**WHAT YOU HAVE TO DO**
Every entry must appear in the answer exactly as written.

**Saved entries**
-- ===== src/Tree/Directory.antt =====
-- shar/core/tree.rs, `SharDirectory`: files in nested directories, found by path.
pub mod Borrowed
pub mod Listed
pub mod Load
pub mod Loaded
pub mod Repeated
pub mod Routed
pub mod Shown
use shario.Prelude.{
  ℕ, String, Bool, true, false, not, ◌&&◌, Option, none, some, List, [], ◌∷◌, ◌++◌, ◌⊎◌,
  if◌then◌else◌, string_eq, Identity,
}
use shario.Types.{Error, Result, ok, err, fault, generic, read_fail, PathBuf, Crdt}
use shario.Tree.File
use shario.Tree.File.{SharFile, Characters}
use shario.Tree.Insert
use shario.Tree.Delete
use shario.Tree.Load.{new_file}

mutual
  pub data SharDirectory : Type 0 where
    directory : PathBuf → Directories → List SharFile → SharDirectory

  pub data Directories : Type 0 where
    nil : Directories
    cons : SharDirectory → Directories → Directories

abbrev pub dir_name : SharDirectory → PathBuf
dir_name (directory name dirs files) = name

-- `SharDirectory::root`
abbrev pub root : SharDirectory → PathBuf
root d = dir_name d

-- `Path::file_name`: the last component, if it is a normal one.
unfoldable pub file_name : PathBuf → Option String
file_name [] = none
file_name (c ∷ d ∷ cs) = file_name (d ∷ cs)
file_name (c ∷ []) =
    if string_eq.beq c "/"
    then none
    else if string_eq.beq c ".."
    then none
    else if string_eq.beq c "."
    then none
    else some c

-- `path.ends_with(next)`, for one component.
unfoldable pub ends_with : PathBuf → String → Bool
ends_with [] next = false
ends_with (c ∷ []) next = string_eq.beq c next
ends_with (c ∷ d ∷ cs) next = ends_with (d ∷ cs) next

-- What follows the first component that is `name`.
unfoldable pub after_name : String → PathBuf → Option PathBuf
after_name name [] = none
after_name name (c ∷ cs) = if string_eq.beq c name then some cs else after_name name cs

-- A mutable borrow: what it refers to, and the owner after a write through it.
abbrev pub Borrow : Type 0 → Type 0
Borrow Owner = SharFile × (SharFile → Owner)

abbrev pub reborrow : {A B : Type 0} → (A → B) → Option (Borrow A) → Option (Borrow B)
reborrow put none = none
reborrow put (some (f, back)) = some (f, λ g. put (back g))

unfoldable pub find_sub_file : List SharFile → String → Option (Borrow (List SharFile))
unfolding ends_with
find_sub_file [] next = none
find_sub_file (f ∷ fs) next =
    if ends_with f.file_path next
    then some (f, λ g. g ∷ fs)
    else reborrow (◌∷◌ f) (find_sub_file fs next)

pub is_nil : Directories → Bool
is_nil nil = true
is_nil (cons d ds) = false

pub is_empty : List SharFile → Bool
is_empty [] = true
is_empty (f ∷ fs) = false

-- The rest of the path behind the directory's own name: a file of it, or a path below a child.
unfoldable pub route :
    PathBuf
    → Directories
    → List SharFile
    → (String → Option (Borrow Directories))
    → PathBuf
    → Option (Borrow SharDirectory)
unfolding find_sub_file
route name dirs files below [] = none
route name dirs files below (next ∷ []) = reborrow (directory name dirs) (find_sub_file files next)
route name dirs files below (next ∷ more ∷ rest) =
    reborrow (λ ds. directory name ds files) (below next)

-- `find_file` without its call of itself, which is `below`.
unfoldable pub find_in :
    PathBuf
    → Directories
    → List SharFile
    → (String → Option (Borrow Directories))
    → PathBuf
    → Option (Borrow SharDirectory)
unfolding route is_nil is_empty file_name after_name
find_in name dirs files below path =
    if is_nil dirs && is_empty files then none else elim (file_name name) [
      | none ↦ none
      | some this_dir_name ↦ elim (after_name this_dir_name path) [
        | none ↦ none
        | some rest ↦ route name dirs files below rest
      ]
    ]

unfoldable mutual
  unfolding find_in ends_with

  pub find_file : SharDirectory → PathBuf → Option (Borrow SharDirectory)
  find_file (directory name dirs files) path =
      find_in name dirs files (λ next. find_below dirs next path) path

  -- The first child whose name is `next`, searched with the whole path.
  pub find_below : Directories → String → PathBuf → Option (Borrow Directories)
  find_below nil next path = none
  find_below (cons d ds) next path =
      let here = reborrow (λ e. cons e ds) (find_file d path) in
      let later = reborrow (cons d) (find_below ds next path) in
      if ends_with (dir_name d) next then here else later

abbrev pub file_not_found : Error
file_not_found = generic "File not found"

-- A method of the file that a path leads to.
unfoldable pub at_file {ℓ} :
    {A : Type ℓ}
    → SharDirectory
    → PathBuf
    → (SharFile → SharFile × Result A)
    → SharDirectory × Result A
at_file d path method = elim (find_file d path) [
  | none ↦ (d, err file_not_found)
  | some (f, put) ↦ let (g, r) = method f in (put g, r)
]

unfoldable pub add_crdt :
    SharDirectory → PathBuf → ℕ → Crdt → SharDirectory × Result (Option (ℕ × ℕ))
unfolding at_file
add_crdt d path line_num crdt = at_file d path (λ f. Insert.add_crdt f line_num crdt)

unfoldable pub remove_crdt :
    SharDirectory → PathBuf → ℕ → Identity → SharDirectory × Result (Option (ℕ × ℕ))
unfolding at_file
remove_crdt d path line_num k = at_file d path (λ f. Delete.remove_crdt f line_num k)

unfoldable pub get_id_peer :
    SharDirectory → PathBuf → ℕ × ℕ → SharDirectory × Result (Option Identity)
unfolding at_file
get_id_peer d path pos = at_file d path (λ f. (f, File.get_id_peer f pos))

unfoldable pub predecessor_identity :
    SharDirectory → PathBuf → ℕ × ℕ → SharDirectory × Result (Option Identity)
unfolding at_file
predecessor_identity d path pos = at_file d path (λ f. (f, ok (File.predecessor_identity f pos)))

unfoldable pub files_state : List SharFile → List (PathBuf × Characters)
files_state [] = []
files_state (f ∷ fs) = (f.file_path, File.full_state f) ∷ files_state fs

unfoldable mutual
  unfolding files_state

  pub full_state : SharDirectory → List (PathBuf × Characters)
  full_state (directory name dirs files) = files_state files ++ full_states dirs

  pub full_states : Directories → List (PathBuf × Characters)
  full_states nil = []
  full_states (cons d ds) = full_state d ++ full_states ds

**REPLY TO THE EXERCISE**
-- ===== src/Tree/Directory.antt =====
-- shar/core/tree.rs, `SharDirectory`: files in nested directories, found by path.
pub mod Borrowed
pub mod Listed
pub mod Load
pub mod Loaded
pub mod Repeated
pub mod Routed
pub mod Shown
use shario.Prelude.{
  ℕ, String, Bool, true, false, not, ◌&&◌, Option, none, some, List, [], ◌∷◌, ◌++◌, ◌⊎◌,
  if◌then◌else◌, string_eq, Identity,
}
use shario.Types.{Error, Result, ok, err, fault, generic, read_fail, PathBuf, Crdt}
use shario.Tree.File
use shario.Tree.File.{SharFile, Characters}
use shario.Tree.Insert
use shario.Tree.Delete
use shario.Tree.Load.{new_file}

mutual
  pub data SharDirectory : Type 0 where
    directory : PathBuf → Directories → List SharFile → SharDirectory

  pub data Directories : Type 0 where
    nil : Directories
    cons : SharDirectory → Directories → Directories

abbrev pub dir_name : SharDirectory → PathBuf
dir_name (directory name dirs files) = name

-- `SharDirectory::root`
abbrev pub root : SharDirectory → PathBuf
root d = dir_name d

-- `Path::file_name`: the last component, if it is a normal one.
unfoldable pub file_name : PathBuf → Option String
file_name [] = none
file_name (c ∷ d ∷ cs) = file_name (d ∷ cs)
file_name (c ∷ []) =
    if string_eq.beq c "/"
    then none
    else if string_eq.beq c ".."
    then none
    else if string_eq.beq c "."
    then none
    else some c

-- `path.ends_with(next)`, for one component.
unfoldable pub ends_with : PathBuf → String → Bool
ends_with [] next = false
ends_with (c ∷ []) next = string_eq.beq c next
ends_with (c ∷ d ∷ cs) next = ends_with (d ∷ cs) next

-- What follows the first component that is `name`.
unfoldable pub after_name : String → PathBuf → Option PathBuf
after_name name [] = none
after_name name (c ∷ cs) = if string_eq.beq c name then some cs else after_name name cs

-- A mutable borrow: what it refers to, and the owner after a write through it.
abbrev pub Borrow : Type 0 → Type 0
Borrow Owner = SharFile × (SharFile → Owner)

abbrev pub reborrow : {A B : Type 0} → (A → B) → Option (Borrow A) → Option (Borrow B)
reborrow put none = none
reborrow put (some (f, back)) = some (f, λ g. put (back g))

unfoldable pub find_sub_file : List SharFile → String → Option (Borrow (List SharFile))
unfolding ends_with
find_sub_file [] next = none
find_sub_file (f ∷ fs) next =
    if ends_with f.file_path next
    then some (f, λ g. g ∷ fs)
    else reborrow (◌∷◌ f) (find_sub_file fs next)

pub is_nil : Directories → Bool
is_nil nil = true
is_nil (cons d ds) = false

pub is_empty : List SharFile → Bool
is_empty [] = true
is_empty (f ∷ fs) = false

-- The rest of the path behind the directory's own name: a file of it, or a path below a child.
unfoldable pub route :
    PathBuf
    → Directories
    → List SharFile
    → (String → Option (Borrow Directories))
    → PathBuf
    → Option (Borrow SharDirectory)
unfolding find_sub_file
route name dirs files below [] = none
route name dirs files below (next ∷ []) = reborrow (directory name dirs) (find_sub_file files next)
route name dirs files below (next ∷ more ∷ rest) =
    reborrow (λ ds. directory name ds files) (below next)

-- `find_file` without its call of itself, which is `below`.
unfoldable pub find_in :
    PathBuf
    → Directories
    → List SharFile
    → (String → Option (Borrow Directories))
    → PathBuf
    → Option (Borrow SharDirectory)
unfolding route is_nil is_empty file_name after_name
find_in name dirs files below path =
    if is_nil dirs && is_empty files then none else elim (file_name name) [
      | none ↦ none
      | some this_dir_name ↦ elim (after_name this_dir_name path) [
        | none ↦ none
        | some rest ↦ route name dirs files below rest
      ]
    ]

unfoldable mutual
  unfolding find_in ends_with

  pub find_file : SharDirectory → PathBuf → Option (Borrow SharDirectory)
  find_file (directory name dirs files) path =
      find_in name dirs files (λ next. find_below dirs next path) path

  -- The first child whose name is `next`, searched with the whole path.
  pub find_below : Directories → String → PathBuf → Option (Borrow Directories)
  find_below nil next path = none
  find_below (cons d ds) next path =
      let here = reborrow (λ e. cons e ds) (find_file d path) in
      let later = reborrow (cons d) (find_below ds next path) in
      if ends_with (dir_name d) next then here else later

abbrev pub file_not_found : Error
file_not_found = generic "File not found"

-- A method of the file that a path leads to.
unfoldable pub at_file {ℓ} :
    {A : Type ℓ}
    → SharDirectory
    → PathBuf
    → (SharFile → SharFile × Result A)
    → SharDirectory × Result A
at_file d path method = elim (find_file d path) [
  | none ↦ (d, err file_not_found)
  | some (f, put) ↦ let (g, r) = method f in (put g, r)
]

unfoldable pub add_crdt :
    SharDirectory → PathBuf → ℕ → Crdt → SharDirectory × Result (Option (ℕ × ℕ))
unfolding at_file
add_crdt d path line_num crdt = at_file d path (λ f. Insert.add_crdt f line_num crdt)

unfoldable pub remove_crdt :
    SharDirectory → PathBuf → ℕ → Identity → SharDirectory × Result (Option (ℕ × ℕ))
unfolding at_file
remove_crdt d path line_num k = at_file d path (λ f. Delete.remove_crdt f line_num k)

unfoldable pub get_id_peer :
    SharDirectory → PathBuf → ℕ × ℕ → SharDirectory × Result (Option Identity)
unfolding at_file
get_id_peer d path pos = at_file d path (λ f. (f, File.get_id_peer f pos))

unfoldable pub predecessor_identity :
    SharDirectory → PathBuf → ℕ × ℕ → SharDirectory × Result (Option Identity)
unfolding at_file
predecessor_identity d path pos = at_file d path (λ f. (f, ok (File.predecessor_identity f pos)))

unfoldable pub files_state : List SharFile → List (PathBuf × Characters)
files_state [] = []
files_state (f ∷ fs) = (f.file_path, File.full_state f) ∷ files_state fs

unfoldable mutual
  unfolding files_state

  pub full_state : SharDirectory → List (PathBuf × Characters)
  full_state (directory name dirs files) = files_state files ++ full_states dirs

  pub full_states : Directories → List (PathBuf × Characters)
  full_states nil = []
  full_states (cons d ds) = full_state d ++ full_states ds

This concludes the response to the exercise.